Autor: Pushpa Naga CH; Department of Radiation Oncology, Tata Memorial Hospital, Mumbai, Maharashtra, India. Electronic address: pushpach29@gmail.com., Janaki MG; Department of Radiation Oncology, M.S. Ramaiah Medical College and Hospitals, Bengaluru, Karnataka, India., Arul Ponni TR; Department of Radiation Oncology, M.S. Ramaiah Medical College and Hospitals, Bengaluru, Karnataka, India., Rajeev AG; Department of Radiation Oncology, Radiant Cancer Hospital, Mysooru, Karnataka, India., Kirthi Koushik AS; Department of Radiation Oncology, M.S. Ramaiah Medical College and Hospitals, Bengaluru, Karnataka, India., Mohan Kumar S; Department of Radiation Oncology, M.S. Ramaiah Medical College and Hospitals, Bengaluru, Karnataka, India.
Jazyk: angličtina
Zdroj: Journal of medical imaging and radiation sciences [J Med Imaging Radiat Sci] 2017 Sep; Vol. 48 (3), pp. 307-315. Date of Electronic Publication: 2017 Jun 20.
DOI: 10.1016/j.jmir.2017.05.001
Abstrakt: Purpose: The purpose of the study was to evaluate the feasibility and efficacy of an accelerated radiotherapy schedule using weekend boost in terms of tumor response, compliance, and acute toxicities for head and neck squamous cell carcinoma, and to report long-term clinical outcomes.

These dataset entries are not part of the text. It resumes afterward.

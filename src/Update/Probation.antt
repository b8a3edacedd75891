-- ===== src/Update/Probation.antt =====
-- cmd/fog-agent/update.go: the end of the probation, in the loop that polls. The lines that are printed
-- are left out.
use fog_agent.Prelude.{
  ◌≡◌, inl, inr, Bool, true, false, not, [], ◌++◌, Option, none, some, if◌then◌else◌, Text, text,
  ◌=ᵗ◌, Time, arith, Option-cases,
}
use fog_agent.Update.Files.{
  probation_file, main, Probation, Disk, Faults, remove, read_file, removing,
}
use fog_agent.Update.Records.{
  absent, loaded, broken, load_probation, clear_probation, load_reverted, clear_reverted, revert,
  due, is_none,
}

-- `format` is time.Format with the layout of RFC 3339.
module _ (faults : Faults) (format : Time → Text) where
  -- checkProbation with update.Revert: whether the agent is to start again.
  unfoldable pub check_probation : Disk → Time → Disk × Bool
  unfolding load_probation due revert
  check_probation d now = elim (load_probation faults d) [
    | broken e ↦ (d, false)
    | absent ↦ (d, false)
    | loaded p ↦
        let (d1, from, failed) =
          revert faults d now (text "no successful poll before " ++ format p.deadline) in
        if not (due (some p) now) then (d, false) else (d1, is_none failed)
  ]

  -- passedProbation
  unfoldable pub passed_probation : Disk → Disk
  unfolding load_probation clear_probation
  passed_probation d = elim (load_probation faults d) [
    | broken e ↦ d
    | absent ↦ d
    | loaded p ↦ (clear_probation faults d).0
  ]

  -- reportRevert: `lands` is whether client.Result goes through with the detail.
  unfoldable pub report_revert : (Text → Bool) → Disk → Disk × Option Text
  unfolding load_reverted clear_reverted
  report_revert lands d =
      let (d1, record_of) = load_reverted faults d in
      elim record_of [
        | broken e ↦ (d1, none)
        | absent ↦ (d1, none)
        | loaded r ↦
            let detail = text "reverted: " ++ r.to ++ text " -> " ++ r.from in
            let whole =
              if r.reason =ᵗ [] then detail else detail ++ text " (" ++ r.reason ++ text ")" in
            if lands whole then ((clear_reverted faults d1).0, some whole) else (d1, none)
      ]

  -- The record of the probation that loads.
  abbrev pub on_probation : Disk → Option Probation
  on_probation d = elim (load_probation faults d) [ loaded p ↦ some p | _ ↦ none ]

  -- The loop goes back to the previous binary only while a record of the probation loads and its
  -- deadline has passed.
  pub check_probation-due :
      (d : Disk) (now : Time) → (check_probation d now).1 ≡ true → due (on_probation d) now ≡ true
  unfolding check_probation due
  check_probation-due d now h = ground arith

  cleared :
      (d : Disk) (p : Probation)
      → load_probation faults d ≡ loaded p
      → faults (removing (main probation_file)) ≡ false
      → load_probation faults (clear_probation faults d).0 ≡ absent
  unfolding clear_probation remove load_probation read_file
  cleared d p l f = elim (Option-cases (d (main probation_file))) [
    | inl e ↦ ground arith
    | inr (c, e) ↦ ground arith
  ]

  -- With no record that loads, the loop does not go back.
  not_back :
      (d : Disk) (now : Time)
      → load_probation faults d ≡ absent
      → check_probation d now ≡ (d, false)
  unfolding check_probation
  not_back d now e = ground arith

  -- Once a poll got through, and the record could be read and removed, no later look at the probation
  -- goes back to the previous binary or changes the disk.
  pub passed_probation_stays :
      (d : Disk) (p : Probation) (now : Time)
      → load_probation faults d ≡ loaded p
      → faults (removing (main probation_file)) ≡ false
      → check_probation (passed_probation d) now ≡ (passed_probation d, false)
  unfolding passed_probation
  passed_probation_stays d p now l f =
      ground (arith, not_back (clear_probation faults d).0 now (cleared d p l f))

Materials and Methods: Twenty-six patients with stages III-IV head and neck squamous cell carcinoma receiving radical chemoradiotherapy were accrued prospectively into the study. External beam radiation therapy to a total dose of 66-70 Gy in 33-35 fractions, 1.8-2.0 Gy per fraction along with concurrent weekly cisplatin was planned. Radiation regimen included delivery of six fractions per week, with boost field delivered as the sixth fraction on the weekend. The compliance, tumor response, and toxicities were recorded. Survival curves were estimated using the Kaplan-Meier method.

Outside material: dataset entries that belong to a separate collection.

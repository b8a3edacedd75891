-- ===== src/Update/Rollback.antt =====
-- That an update can be undone: what `arm` keeps and `revert` puts back.
use fog_agent.Prelude.{◌≡◌, refl, true, false, Option, none, some, Text, Time, arith}
use fog_agent.Update.Files.{
  Name, exe, exe_prev, exe_bad, config, config_prev, probation_file, reverted_file, File, main,
  temp, Probation, Reverted, Content, probation_json, reverted_json, Disk, Failure, Faults, Read,
  statting, same_file, read_file, stat, remove, rename, write_file_sync, copy_file, rename_at,
  remove_other, write_file_sync_atomic, write_file_sync_exists, holds, fails,
}
use fog_agent.Update.Records.{
  loaded, load_probation, survived, arm, arm_record, revert, restore_config, restore_binary,
  reinstall, finish_revert, is_serious,
}

module _ (faults : Faults) where
  -- A copy changes only the name copied to and its temporary file.
  copy_file_other :
      (d : Disk) (src dst : Name) (f : File)
      → same_file (temp dst) f ≡ false
      → same_file (main dst) f ≡ false
      → (copy_file faults d src dst).0 f ≡ d f
  unfolding copy_file
  copy_file_other d src dst f a b = after (read_file faults d (main src))
    where
      after :
          (r : Read)
          → let end : Disk × Option Failure = elim r [
            | fails e ↦ (d, some e)
            | holds c ↦ write_file_sync faults d dst c
          ] in
            end.0 f ≡ d f
      after (fails e) = refl
      after (holds c) = ground (arith, write_file_sync_atomic faults d dst c f)

  -- A copy that succeeds leaves what the source held under the name copied to.
  copy_file_ok :
      (d : Disk) (src dst : Name) (c : Content)
      → same_file (temp dst) (main dst) ≡ false
      → same_file (main dst) (main dst) ≡ true
      → d (main src) ≡ some c
      → is_serious (copy_file faults d src dst).1 ≡ none
      → (copy_file faults d src dst).0 (main dst) ≡ some c
  unfolding copy_file read_file
  copy_file_ok d src dst c a b h o = ground (
    arith,
    write_file_sync_atomic faults d dst c (main dst),
    write_file_sync_exists faults d dst c,
  )

  -- `arm` changes no file but the failed binary, the kept configuration and the record.
  pub arm_other :
      (d : Disk) (p : Probation) (f : File)
      → same_file (main exe_bad) f ≡ false
      → same_file (temp config_prev) f ≡ false
      → same_file (main config_prev) f ≡ false
      → same_file (temp probation_file) f ≡ false
      → same_file (main probation_file) f ≡ false
      → (arm faults d p).0 f ≡ d f
  unfolding arm arm_record
  arm_other d p f b k k' r r' =
      let d1 = (remove faults d (main exe_bad)).0 in
      let d2 = (copy_file faults d1 config config_prev).0 in
      ground (
        arith,
        remove_other faults d (main exe_bad) f,
        copy_file_other d1 config config_prev f,
        write_file_sync_atomic faults d2 probation_file (probation_json p) f,
      )

  -- Where there is a configuration, an `arm` that succeeds leaves a record that loads with the
  -- version to come, and that configuration as the kept one.
  pub arm_ok :
      (d : Disk) (p : Probation) (c : Content)
      → (arm faults d p).1 ≡ none
      → d (main config) ≡ some c
      → (survived p (load_probation faults (arm faults d p).0) ≡ true)
        × ((arm faults d p).0 (main probation_file) ≡ some (probation_json p))
        × ((arm faults d p).0 (main config_prev) ≡ some c)
  unfolding arm arm_record
  arm_ok d p c o h =
      let d1 = (remove faults d (main exe_bad)).0 in
      let d2 = (copy_file faults d1 config config_prev).0 in
      let r = remove_other faults d (main exe_bad) (main config) in
      let k = copy_file_ok d1 config config_prev c refl refl in
      let w =
        write_file_sync_atomic faults d2 probation_file (probation_json p) (main config_prev) in
      let w' =
        write_file_sync_atomic faults d2 probation_file (probation_json p) (main probation_file) in
      (ground arith, ground (arith, w'), ground (arith, r, k, w))

  -- A restoration of the binary that succeeds puts the previous one in place and keeps the failed one;
  -- one that fails has changed no file but the binaries.
  reinstall_ok :
      (d : Disk)
      → (reinstall faults d).1 ≡ none
      → (reinstall faults d).0 (main exe) ≡ d (main exe_prev)
  unfolding reinstall
  reinstall_ok d o = ground (arith, rename_at faults d (main exe_prev) (main exe) (main exe))

  reinstall_other :
      (d : Disk) (f : File)
      → same_file (main exe) f ≡ false
      → same_file (main exe_prev) f ≡ false
      → same_file (main exe_bad) f ≡ false
      → (reinstall faults d).0 f ≡ d f
  unfolding reinstall
  reinstall_other d f a b c =
      let d1 = (rename faults d (main exe_prev) (main exe)).0 in
      ground (
        arith,
        rename_at faults d (main exe_prev) (main exe) f,
        rename_at faults d1 (main exe_bad) (main exe) f,
      )

  reinstall_bad :
      (d : Disk)
      → (reinstall faults d).1 ≡ none
      → (reinstall faults d).0 (main exe_bad) ≡ d (main exe_bad)
  unfolding reinstall
  reinstall_bad d o = ground (arith, rename_at faults d (main exe_prev) (main exe) (main exe_bad))

  restore_binary_ok :
      (d : Disk)
      → (restore_binary faults d).1 ≡ none
      → ((restore_binary faults d).0 (main exe) ≡ d (main exe_prev))
        × ((restore_binary faults d).0 (main exe_bad) ≡ d (main exe))
  unfolding restore_binary
  restore_binary_ok d o =
      let d1 = (remove faults d (main exe_bad)).0 in
      let d2 = (rename faults d1 (main exe) (main exe_bad)).0 in
      let r = remove_other faults d (main exe_bad) (main exe_prev) refl in
      let r' = remove_other faults d (main exe_bad) (main exe) refl in
      let a = rename_at faults d1 (main exe) (main exe_bad) (main exe_prev) in
      let a' = rename_at faults d1 (main exe) (main exe_bad) (main exe_bad) in
      (ground (arith, r, a, reinstall_ok d2), ground (arith, r', a', reinstall_bad d2))

  restore_binary_other :
      (d : Disk) (f : File)
      → same_file (main exe) f ≡ false
      → same_file (main exe_prev) f ≡ false
      → same_file (main exe_bad) f ≡ false
      → (restore_binary faults d).0 f ≡ d f
  unfolding restore_binary
  restore_binary_other d f a b c =
      let d1 = (remove faults d (main exe_bad)).0 in
      let d2 = (rename faults d1 (main exe) (main exe_bad)).0 in
      ground (
        arith,
        remove_other faults d (main exe_bad) f,
        rename_at faults d1 (main exe) (main exe_bad) f,
        reinstall_other d2 f,
      )

  restore_config_other :
      (d : Disk) (f : File)
      → same_file (temp config) f ≡ false
      → same_file (main config) f ≡ false
      → (restore_config faults d).0 f ≡ d f
  unfolding restore_config
  restore_config_other d f a b = ground (arith, copy_file_other d config_prev config f)

  restore_config_ok :
      (d : Disk) (c : Content)
      → d (main config_prev) ≡ some c
      → faults (statting (main config_prev)) ≡ false
      → (restore_config faults d).1 ≡ none
      → (restore_config faults d).0 (main config) ≡ some c
  unfolding restore_config stat
  restore_config_ok d c h s o = ground (arith, copy_file_ok d config_prev config c refl refl)

  finish_revert_other :
      (d : Disk) (p : Probation) (now : Time) (reason : Text) (f : File)
      → same_file (main probation_file) f ≡ false
      → same_file (main config_prev) f ≡ false
      → same_file (temp reverted_file) f ≡ false
      → same_file (main reverted_file) f ≡ false
      → finish_revert faults d p now reason f ≡ d f
  unfolding finish_revert
  finish_revert_other d p now reason f a b t m =
      let d1 = (remove faults d (main probation_file)).0 in
      let d2 = (remove faults d1 (main config_prev)).0 in
      let note : Reverted = record { from = p.from; to = p.to; at = now; reason = reason } in
      ground (
        arith,
        remove_other faults d (main probation_file) f,
        remove_other faults d1 (main config_prev) f,
        write_file_sync_atomic faults d2 reverted_file (reverted_json note) f,
      )

  -- A revert that succeeds puts the previous binary in place and keeps the failed one aside, and the
  -- kept configuration is the configuration again, if there is one and its presence can be asked.
  pub revert_loaded :
      (d : Disk) (now : Time) (reason : Text) (p : Probation)
      → load_probation faults d ≡ loaded p
      → (revert faults d now reason).2 ≡ none
      → ((revert faults d now reason).0 (main exe) ≡ d (main exe_prev))
        × ((revert faults d now reason).0 (main exe_bad) ≡ d (main exe))
        × ((c : Content)
            → d (main config_prev) ≡ some c
            → faults (statting (main config_prev)) ≡ false
            → (revert faults d now reason).0 (main config) ≡ some c)
  unfolding revert
  revert_loaded d now reason p l o =
      let d1 = (restore_config faults d).0 in
      let d2 = (restore_binary faults d1).0 in
      let other = restore_config_other d in
      let binary = restore_binary_ok d1 in
      let finish = finish_revert_other d2 p now reason in
      (
        ground
            (arith, other (main exe_prev) refl refl, binary, finish (main exe) refl refl refl refl),
        ground
            (arith, other (main exe) refl refl, binary, finish (main exe_bad) refl refl refl refl),
        λ c h s. ground (
          arith,
          restore_config_ok d c h s,
          restore_binary_other d1 (main config) refl refl refl,
          finish (main config) refl refl refl refl,
        ),
      )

Results: Twenty-one of 26 patients (81%) completed treatment as planned and five patients died during the course of treatment. Sixteen patients (62%) completed treatment in less than 44 days and, at the end of 3 months' follow-up, 18 patients (69%) showed complete response and two patients (8%) showed partial response. The 2- and 5-year actuarial disease-free survival were 90% and 65%, respectively, and 2- and 5-year actuarial overall survival were 60% and 38%, respectively.
Conclusion: Accelerated fractionation using weekend boost, along with concurrent weekly concurrent cisplatin, is an effective and promising approach with favorable impact on initial tumor response, comparable results, and acceptable toxicities.